### EXERCISE PROMPT
The entries below are to be repeated verbatim, in full.
........
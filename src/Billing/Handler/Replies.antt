-- ===== src/Billing/Handler/Replies.antt =====
-- What the client of the billing service is told (billing/grpc_handler.go).
use microservices_go.Prelude.{
  String, pos, ◌+ℤ◌, ◌≤ℤ◌, ◌<ℤ◌, ◌≡◌, ◌≢◌, ◌↔◌, true, false, Option, none, some, arith, in_int64,
  inl, inr, Option-cases,
}
use microservices_go.Errors.{done, fail, status, not_found, failed_precondition}
use microservices_go.Billing.Domain.{Account, Database, Env}
use microservices_go.Billing.Repository.{
  find_account, find_id, top_up_account_tx, insert_transaction_tx, get_account_by_user_id_tx,
  withdraw_account_tx, find_by_idempotency_key,
}
use microservices_go.Billing.Service.{deposit, withdraw, handle_idempotency_error}
use microservices_go.Billing.Service.Idempotency.{IsRecorded, withdraw_recorded}
use microservices_go.Billing.Service.Balances.{IsClean, covered_fits}
use microservices_go.Billing.Ledger.{IsValid}
use microservices_go.Billing.Ledger.Accounts.{find_account-find_id}
use microservices_go.Billing.Handler.{Request, handle_deposit, handle_withdraw}

-- `Withdraw` never replies with the code NotFound, whatever the database holds: the error of a
-- missing account is another value than the one that the handler tests for.
pub handle_withdraw_never_not_found :
    (env : Env) (user : Option String) (req : Request) (db : Database) (m : String)
    → (handle_withdraw env user req db).0 ≢ fail (status not_found m)
unfolding handle_withdraw withdraw get_account_by_user_id_tx withdraw_account_tx
    insert_transaction_tx handle_idempotency_error find_by_idempotency_key
handle_withdraw_never_not_found env none req db m h = cc
handle_withdraw_never_not_found env (some u) req db m h = ground arith

-- When the account can be read, `Withdraw` of a positive amount replies FailedPrecondition exactly
-- when the user has an account whose balance is below the amount.
pub handle_withdraw_insufficient :
    (env : Env) (u : String) (req : Request) (db : Database)
    → env.begin_fails ≡ false
    → env.account_fails ≡ false
    → pos 0 <ℤ req.amount
    → ((handle_withdraw env (some u) req db).0
        ≡ fail (status failed_precondition "insufficient funds"))
      ↔ ((a : Account) × (find_account u db.accounts ≡ some a) × (a.balance <ℤ req.amount))
unfolding handle_withdraw withdraw get_account_by_user_id_tx withdraw_account_tx
    insert_transaction_tx handle_idempotency_error find_by_idempotency_key
handle_withdraw_insufficient env u req db b f positive =
    elim (Option-cases (find_account u db.accounts)) [
      | inl missing ↦ (λ h. ground arith, λ (a, found, low). cc)
      | inr (a, found) ↦ (λ h. (a, found, ground arith), λ (a', found', low). ground arith)
    ]

replay_unchanged :
    (env : Env) (u : String) (req : Request) (db : Database)
    → IsRecorded req.idempotency_key db
    → (handle_withdraw env (some u) req db).1 ≡ db
unfolding handle_withdraw
replay_unchanged env u req db known = ground (
  arith,
  withdraw_recorded env
      (record { user_id = u; amount = req.amount; idempotency_key = req.idempotency_key }) db known,
)

replay_ok :
    (env : Env) (u : String) (req : Request) (db : Database) (a : Account)
    → IsClean env
    → IsRecorded req.idempotency_key db
    → find_account u db.accounts ≡ some a
    → find_id a.id db.accounts ≡ some a
    → in_int64 a.balance ≡ true
    → pos 0 <ℤ req.amount
    → ((handle_withdraw env (some u) req db).0 ≡ done true) ↔ (req.amount ≤ℤ a.balance)
unfolding handle_withdraw withdraw get_account_by_user_id_tx withdraw_account_tx
    insert_transaction_tx handle_idempotency_error find_by_idempotency_key
replay_ok env u req db a clean known found same stored positive = (
  λ h. ground arith,
  λ enough. ground (arith, covered_fits a.balance req.amount stored positive enough),
)

-- When no statement fails, a withdrawal of a positive amount whose key is recorded, from an account
-- of valid books, changes nothing; and it replies success exactly when the balance of now covers
-- the amount once more.
pub handle_withdraw_replay :
    (env : Env) (u : String) (req : Request) (db : Database) (a : Account)
    → IsClean env
    → IsValid db
    → IsRecorded req.idempotency_key db
    → find_account u db.accounts ≡ some a
    → in_int64 a.balance ≡ true
    → pos 0 <ℤ req.amount
    → let r = handle_withdraw env (some u) req db in
      (r.1 ≡ db) × ((r.0 ≡ done true) ↔ (req.amount ≤ℤ a.balance))
handle_withdraw_replay env u req db a clean v known found stored positive =
    let same : find_id a.id db.accounts ≡ some a =
      find_account-find_id u db.accounts a v.ids found in
    (
      replay_unchanged env u req db known,
      replay_ok env u req db a clean known found same stored positive,
    )

-- When no statement fails, a deposit of a positive amount whose key is recorded replies success and
-- changes nothing, whoever sends it and whatever its amount, as long as the sender has an account
-- that could take the amount.
pub handle_deposit_replay :
    (env : Env) (u : String) (req : Request) (db : Database) (a : Account)
    → IsClean env
    → IsRecorded req.idempotency_key db
    → find_account u db.accounts ≡ some a
    → in_int64 (a.balance +ℤ req.amount) ≡ true
    → pos 0 <ℤ req.amount
    → handle_deposit env (some u) req db ≡ (done true, db)
unfolding handle_deposit deposit top_up_account_tx insert_transaction_tx handle_idempotency_error
    find_by_idempotency_key
handle_deposit_replay env u req db a clean known found fits positive = ground arith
........
### COMPLETED TASK
filename src/Billing/Handler/Replies.antt
-- ===== src/Billing/Handler/Replies.antt =====
-- What the client of the billing service is told (billing/grpc_handler.go).
use microservices_go.Prelude.{
  String, pos, ◌+ℤ◌, ◌≤ℤ◌, ◌<ℤ◌, ◌≡◌, ◌≢◌, ◌↔◌, true, false, Option, none, some, arith, in_int64,
  inl, inr, Option-cases,
}
use microservices_go.Errors.{done, fail, status, not_found, failed_precondition}
use microservices_go.Billing.Domain.{Account, Database, Env}
use microservices_go.Billing.Repository.{
  find_account, find_id, top_up_account_tx, insert_transaction_tx, get_account_by_user_id_tx,
  withdraw_account_tx, find_by_idempotency_key,
}
use microservices_go.Billing.Service.{deposit, withdraw, handle_idempotency_error}
use microservices_go.Billing.Service.Idempotency.{IsRecorded, withdraw_recorded}
use microservices_go.Billing.Service.Balances.{IsClean, covered_fits}
use microservices_go.Billing.Ledger.{IsValid}
use microservices_go.Billing.Ledger.Accounts.{find_account-find_id}
use microservices_go.Billing.Handler.{Request, handle_deposit, handle_withdraw}

-- `Withdraw` never replies with the code NotFound, whatever the database holds: the error of a
-- missing account is another value than the one that the handler tests for.
pub handle_withdraw_never_not_found :
    (env : Env) (user : Option String) (req : Request) (db : Database) (m : String)
    → (handle_withdraw env user req db).0 ≢ fail (status not_found m)
unfolding handle_withdraw withdraw get_account_by_user_id_tx withdraw_account_tx
    insert_transaction_tx handle_idempotency_error find_by_idempotency_key
handle_withdraw_never_not_found env none req db m h = cc
handle_withdraw_never_not_found env (some u) req db m h = ground arith

-- When the account can be read, `Withdraw` of a positive amount replies FailedPrecondition exactly
-- when the user has an account whose balance is below the amount.
pub handle_withdraw_insufficient :
    (env : Env) (u : String) (req : Request) (db : Database)
    → env.begin_fails ≡ false
    → env.account_fails ≡ false
    → pos 0 <ℤ req.amount
    → ((handle_withdraw env (some u) req db).0
        ≡ fail (status failed_precondition "insufficient funds"))
      ↔ ((a : Account) × (find_account u db.accounts ≡ some a) × (a.balance <ℤ req.amount))
unfolding handle_withdraw withdraw get_account_by_user_id_tx withdraw_account_tx
    insert_transaction_tx handle_idempotency_error find_by_idempotency_key
handle_withdraw_insufficient env u req db b f positive =
    elim (Option-cases (find_account u db.accounts)) [
      | inl missing ↦ (λ h. ground arith, λ (a, found, low). cc)
      | inr (a, found) ↦ (λ h. (a, found, ground arith), λ (a', found', low). ground arith)
    ]

replay_unchanged :
    (env : Env) (u : String) (req : Request) (db : Database)
    → IsRecorded req.idempotency_key db
    → (handle_withdraw env (some u) req db).1 ≡ db
unfolding handle_withdraw
replay_unchanged env u req db known = ground (
  arith,
  withdraw_recorded env
      (record { user_id = u; amount = req.amount; idempotency_key = req.idempotency_key }) db known,
)

replay_ok :
    (env : Env) (u : String) (req : Request) (db : Database) (a : Account)
    → IsClean env
    → IsRecorded req.idempotency_key db
    → find_account u db.accounts ≡ some a
    → find_id a.id db.accounts ≡ some a
    → in_int64 a.balance ≡ true
    → pos 0 <ℤ req.amount
    → ((handle_withdraw env (some u) req db).0 ≡ done true) ↔ (req.amount ≤ℤ a.balance)
unfolding handle_withdraw withdraw get_account_by_user_id_tx withdraw_account_tx
    insert_transaction_tx handle_idempotency_error find_by_idempotency_key
replay_ok env u req db a clean known found same stored positive = (
  λ h. ground arith,
  λ enough. ground (arith, covered_fits a.balance req.amount stored positive enough),
)

-- When no statement fails, a withdrawal of a positive amount whose key is recorded, from an account
-- of valid books, changes nothing; and it replies success exactly when the balance of now covers
-- the amount once more.
pub handle_withdraw_replay :
    (env : Env) (u : String) (req : Request) (db : Database) (a : Account)
    → IsClean env
    → IsValid db
    → IsRecorded req.idempotency_key db
    → find_account u db.accounts ≡ some a
    → in_int64 a.balance ≡ true
    → pos 0 <ℤ req.amount
    → let r = handle_withdraw env (some u) req db in
      (r.1 ≡ db) × ((r.0 ≡ done true) ↔ (req.amount ≤ℤ a.balance))
handle_withdraw_replay env u req db a clean v known found stored positive =
    let same : find_id a.id db.accounts ≡ some a =
      find_account-find_id u db.accounts a v.ids found in
    (
      replay_unchanged env u req db known,
      replay_ok env u req db a clean known found same stored positive,
    )

-- When no statement fails, a deposit of a positive amount whose key is recorded replies success and
-- changes nothing, whoever sends it and whatever its amount, as long as the sender has an account
-- that could take the amount.
pub handle_deposit_replay :
    (env : Env) (u : String) (req : Request) (db : Database) (a : Account)
    → IsClean env
    → IsRecorded req.idempotency_key db
    → find_account u db.accounts ≡ some a
    → in_int64 (a.balance +ℤ req.amount) ≡ true
    → pos 0 <ℤ req.amount
    → handle_deposit env (some u) req db ≡ (done true, db)
unfolding handle_deposit deposit top_up_account_tx insert_transaction_tx handle_idempotency_error
    find_by_idempotency_key
handle_deposit_replay env u req db a clean known found fits positive = ground arith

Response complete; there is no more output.